You know what got me to now? Joan Didion, Nora Ephron, and singing particularly angry and naughty songs out loud, especially “Ex-Boyfriend Beat” by Skinned Teen, “If I Had a Dick” by So Good, “Stiletto Heels” by High Tension, and “Switchblade” by LP.
So, having gotten here to this moment, here’s what I’ve worked out, still knee-deep in loss, about how punk handles grief. Not the aesthetic of it. Not the patches and the hair. The actual bones-and-guts philosophy of moving through the worst thing.
Six parts. All of them messy. None of them fixed.
I. Rage Before Resignation
The first thing grief culture tries to sell you is acceptance. There are stages, apparently. A diagram. As if losing someone is a project you can manage, with milestones and deliverables and a tidy sign-off at the end.
The five stages thing wasn’t even meant to work like that. Elisabeth Kübler-Ross was writing about people who were dying themselves, not the ones they left behind, but it got copied and pasted into the popular imagination anyway. Now, everyone with a concerned face asks, “Have you reached acceptance yet?”
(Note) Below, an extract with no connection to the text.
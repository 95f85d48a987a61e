-- ===== src/App.antt =====
-- packages/app: what it writes to the store of the advances by itself.
pub mod Sweeper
No. I have not reached acceptance. I am in the cereal aisle, losing my mind. Thank you for asking.
Punk doesn’t start from acceptance. Punk starts with, “This is wrong, and I am furious about it.” The whole tradition, from The Clash to Bikini Kill to every chaotic three-minute blast these women are making right now, is built on the premise that anger is a legitimate response to a world that keeps doing shit it shouldn’t.
All I ever wanted was to walk by the park
All I ever wanted was to walk by the river, see the stars
Please, stop fucking me up.
— Amyl and the Sniffers
That. That energy.
Grief doesn’t begin with peace. It begins with, “How dare this have happened?” You are allowed, in fact, supposed to stay there until you’re ready to move. Not because someone else needs you to, but because you need you to.
II. Make Something Ugly and Honest
The first punk records were not good. Technically. They were recorded in bad rooms with bad gear by people who had been playing for eighteen months. They were perfect because of it, not despite it. The gap between the feeling and the sound was basically zero.
Grief, when you try to get it out, resists prettiness. It comes out wrong. You’ll write a sentence, and it won’t be the sentence. You’ll try to describe what it felt like, and you’ll get something lumpy and embarrassing that doesn’t do it justice, and you’ll want to scrap it.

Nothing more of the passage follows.